Dataset entries:
***
-- ===== src/Webhook/Service.antt =====
-- src/modules/webhook/webhook.service.ts. Whether the feature is enabled, DNS, hashing and random
-- secrets are computed outside: arguments and parameters.
use text.Mathlib.Text.{◌==◌ as str_eq}
use multi_tenant_collaborati.Common.{
  ℕ, ◌+◌, String, Bool, true, not, ◌||◌, Option, none, some, List, ◌∷◌, Action, pure, gets,
  or_throw, throw_if, modify, ◌>>=◌, ◌>>◌, forbidden_error, not_found_error, unprocessable_error,
}
use multi_tenant_collaborati.Webhook.Row.{WebhookRow, WebhookDb}
use multi_tenant_collaborati.Webhook.Repository.{
  new_webhook, find_webhook, webhooks_of_org, update_secret, soft_delete_webhook,
}

pub record Url : Type 0 where
  pub protocol : String
  pub hostname : String

-- `new URL`, `dns.promises.lookup` and `ipaddr.parse(…).range()`, `none` where they throw.
pub record Resolver : Type 0 where
  pub parse_url : String → Option Url
  pub lookup : String → Option String
  pub range : String → Option String

abbrev pub is_not_unicast : Option String → Bool
is_not_unicast none = true
is_not_unicast (some range) = not (str_eq range "unicast")

unfoldable pub is_private_ip : Resolver → String → Bool
is_private_ip net address = is_not_unicast (net.range address)

abbrev pub is_private_host : Resolver → Option String → Bool
is_private_host net none = true
is_private_host net (some address) = is_not_unicast (net.range address)

abbrev pub is_blocked_url : Resolver → Option Url → Bool
is_blocked_url net none = true
is_blocked_url net (some url) =
    not (str_eq url.protocol "https:") || is_private_host net (net.lookup url.hostname)

unfoldable pub is_private_or_blocked_url : Resolver → String → Bool
is_private_or_blocked_url net text = is_blocked_url net (net.parse_url text)

-- What a new secret is stored as: its bcrypt hash, its encryption, and its last four characters.
pub record SecretForms : Type 0 where
  pub secret : String
  pub hash : String
  pub encrypted : String
  pub preview : String

-- The row that the source returns leaves out `secret_hash` and `secret_encrypted`.
unfoldable pub create :
    Resolver
    → Bool
    → ℕ
    → ℕ
    → ℕ
    → ℕ
    → String
    → List String
    → SecretForms
    → Action WebhookDb (WebhookRow × String)
create net enabled new_id now org user url' events forms = do
  throw_if (not enabled) (forbidden_error "FEATURE_NOT_ENABLED")
  throw_if (is_private_or_blocked_url net url') (unprocessable_error "INVALID_WEBHOOK_URL")
  let row = new_webhook new_id now (record {
    org_id = org;
    url = url';
    secret_hash = forms.hash;
    secret_encrypted = forms.encrypted;
    secret_preview = forms.preview;
    event_types = events;
    created_by = user;
  })
  modify (λ db. record db { webhooks = row ∷ db.webhooks })
  pure (row, forms.secret)

unfoldable pub rotate_secret : ℕ → ℕ → ℕ → SecretForms → Action WebhookDb String
rotate_secret now org id forms = do
  found ← gets (λ db. find_webhook id org db.webhooks)
  existing ← or_throw found not_found_error
  modify (λ db. record db {
    webhooks =
        update_secret now id org forms.hash forms.encrypted forms.preview
          (existing.secret_key_version + 1) db.webhooks;
  })
  pure forms.secret

unfoldable pub list_by_org : ℕ → WebhookDb → List WebhookRow
list_by_org org db = webhooks_of_org org db.webhooks

unfoldable pub remove : ℕ → ℕ → ℕ → Action WebhookDb (Unit {0})
remove now org id = do
  found ← gets (λ db. find_webhook id org db.webhooks)
  existing ← or_throw found not_found_error
  modify (λ db. record db { webhooks = soft_delete_webhook now id org db.webhooks })
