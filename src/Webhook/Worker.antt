-- ===== src/Webhook/Worker.antt =====
-- src/modules/webhook/workers/webhook-delivery.worker.ts. The answer of the receiver, the decryption
-- of the secret and the signature are parameters.
use multi_tenant_collaborati.Common.{
  ℕ, String, Bool, false, ◌&&◌, Option, none, some, ◌∷◌, leb, ltb, if◌then◌else◌, Result, ok, err,
  List, ◌++◌, or_else, Action, or_throw, throw_if, modify, ◌>>=◌, ◌>>◌, AppError, app_error,
}
use multi_tenant_collaborati.Webhook.Row.{
  WebhookRow, DeliveryStatus, delivered, failed, WebhookDeliveryLogRow, Post, WebhookDb,
}
use multi_tenant_collaborati.Webhook.Repository.{
  SqlType, find_webhook, find_delivery_log, new_delivery_log, is_delivered, update_delivery_log,
}
use multi_tenant_collaborati.Webhook.Service.{Url, Resolver, is_private_ip}

pub record WebhookDeliveryJobData : Type 0 where
  pub webhook_id : ℕ
  pub org_id : ℕ
  pub event_id : ℕ
  pub event_type : String
  pub payload : String

-- `post` is `axios.post`, which follows redirects as its default is: the addresses to which they led
-- it, and the status of the last answer, or `none` on a time-out or a broken connection. `accepts` is
-- PostgreSQL's choice of a type for a parameter.
pub record Receiver : Type 0 where
  pub resolver : Resolver
  pub decrypt_secret : String → Option String
  pub sign : String → String → String
  pub post : Post → List String × Option ℕ
  pub accepts : List SqlType → Bool

-- An error of the attempt: BullMQ reads that it was thrown, not which it was.
abbrev pub delivery_error : AppError
delivery_error = app_error 500 "DELIVERY_FAILED"

abbrev pub signed_post : Receiver → WebhookDeliveryJobData → String → String → String → Post
signed_post net job host' secret address' = record {
  address = address';
  host = host';
  signature = net.sign job.payload secret;
  event_type = job.event_type;
  event_id = job.event_id;
}

unfoldable pub deliver_webhook :
    Receiver → WebhookDeliveryJobData → Url → String → Action WebhookDb ℕ
deliver_webhook net job url secret = do
  address ← or_throw (net.resolver.lookup url.hostname) delivery_error
  throw_if (is_private_ip net.resolver address) delivery_error
  let post = signed_post net job url.hostname secret address
  let (redirects, status) = net.post post
  modify (λ db. record db { posts = post ∷ db.posts; followed = redirects ++ db.followed })
  or_throw status delivery_error

-- The body of the `try`: what the receiver answered.
unfoldable pub attempt : Receiver → WebhookDeliveryJobData → WebhookRow → Action WebhookDb ℕ
attempt net job webhook = do
  url ← or_throw (net.resolver.parse_url webhook.url) delivery_error
  secret ← or_throw (net.decrypt_secret webhook.secret_encrypted) delivery_error
  deliver_webhook net job url secret

abbrev pub is_success : ℕ → Bool
is_success status = leb 200 status && ltb status 300

abbrev pub logged_rows : Option (List WebhookDeliveryLogRow) → WebhookDb → Option WebhookDb
logged_rows none db = none
logged_rows (some rows) db = some (record db { delivery_log = rows })

abbrev pub log_attempt :
    (List SqlType → Bool) → ℕ → ℕ → DeliveryStatus → Option ℕ → WebhookDb → Option WebhookDb
log_attempt accepts now log status' code db =
    logged_rows (update_delivery_log accepts now log status' code db.delivery_log) db

-- The `catch`: the attempt is logged as failed, if the database takes that, and the job throws.
abbrev pub caught :
    (List SqlType → Bool) → ℕ → ℕ → Option ℕ → WebhookDb → Result (Unit {0}) × WebhookDb
caught accepts now log code db =
    (err delivery_error, or_else (log_attempt accepts now log failed code db) db)

-- After the first update of the log: a status other than 2xx is thrown, and so logged a second time.
abbrev pub finish :
    (List SqlType → Bool) → ℕ → ℕ → ℕ → Option WebhookDb → WebhookDb → Result (Unit {0}) × WebhookDb
finish accepts now log status none db = caught accepts now log (some status) db
finish accepts now log status (some logged) db =
    if is_success status then (ok tt, logged) else caught accepts now log (some status) logged

unfoldable pub settle :
    (List SqlType → Bool) → ℕ → ℕ → Result ℕ → WebhookDb → Result (Unit {0}) × WebhookDb
settle accepts now log (err e) db = caught accepts now log none db
settle accepts now log (ok status) db =
    let status' = if is_success status then delivered else failed in
    finish accepts now log status (log_attempt accepts now log status' (some status) db) db

unfoldable pub deliver_to :
    Receiver → ℕ → WebhookDeliveryJobData → ℕ → Option WebhookRow → Action WebhookDb (Unit {0})
deliver_to net now job log none db = (ok tt, db)
deliver_to net now job log (some webhook) db =
    if webhook.is_active
    then (let (answer, after) = attempt net job webhook db in
        settle net.accepts now log answer after)
    else (ok tt, db)

-- `existing ?? await createDeliveryLog(…)`: the id of the log row.
abbrev pub with_log :
    ℕ → ℕ → WebhookDeliveryJobData → Option WebhookDeliveryLogRow → WebhookDb → ℕ × WebhookDb
with_log new_id now job none db = (
  new_id,
  record db {
    delivery_log =
        new_delivery_log new_id now job.webhook_id job.org_id job.event_id job.event_type
        ∷ db.delivery_log;
  },
)
with_log new_id now job (some log) db = (log.id, db)

abbrev pub was_delivered : Option WebhookDeliveryLogRow → Bool
was_delivered none = false
was_delivered (some log) = is_delivered log.status

unfoldable pub webhook_delivery_worker_job :
    Receiver → ℕ → ℕ → WebhookDeliveryJobData → Action WebhookDb (Unit {0})
webhook_delivery_worker_job net new_id now job db =
    let existing = find_delivery_log job.webhook_id job.event_id db.delivery_log in
    let (log, logged) = with_log new_id now job existing db in
    if was_delivered existing
    then (ok tt, db)
    else deliver_to net now job log (find_webhook job.webhook_id job.org_id logged.webhooks) logged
***
The response must consist of the lines above, from the first one through the line containing "abbrev pub is_not_unicast", reproduced exactly.

-- ===== src/Webhook/Service.antt =====
-- src/modules/webhook/webhook.service.ts. Whether the feature is enabled, DNS, hashing and random
-- secrets are computed outside: arguments and parameters.
use text.Mathlib.Text.{◌==◌ as str_eq}
use multi_tenant_collaborati.Common.{
  ℕ, ◌+◌, String, Bool, true, not, ◌||◌, Option, none, some, List, ◌∷◌, Action, pure, gets,
  or_throw, throw_if, modify, ◌>>=◌, ◌>>◌, forbidden_error, not_found_error, unprocessable_error,
}
use multi_tenant_collaborati.Webhook.Row.{WebhookRow, WebhookDb}
use multi_tenant_collaborati.Webhook.Repository.{
  new_webhook, find_webhook, webhooks_of_org, update_secret, soft_delete_webhook,
}

pub record Url : Type 0 where
  pub protocol : String
  pub hostname : String

-- `new URL`, `dns.promises.lookup` and `ipaddr.parse(…).range()`, `none` where they throw.
pub record Resolver : Type 0 where
  pub parse_url : String → Option Url
  pub lookup : String → Option String
  pub range : String → Option String

abbrev pub is_not_unicast : Option String → Bool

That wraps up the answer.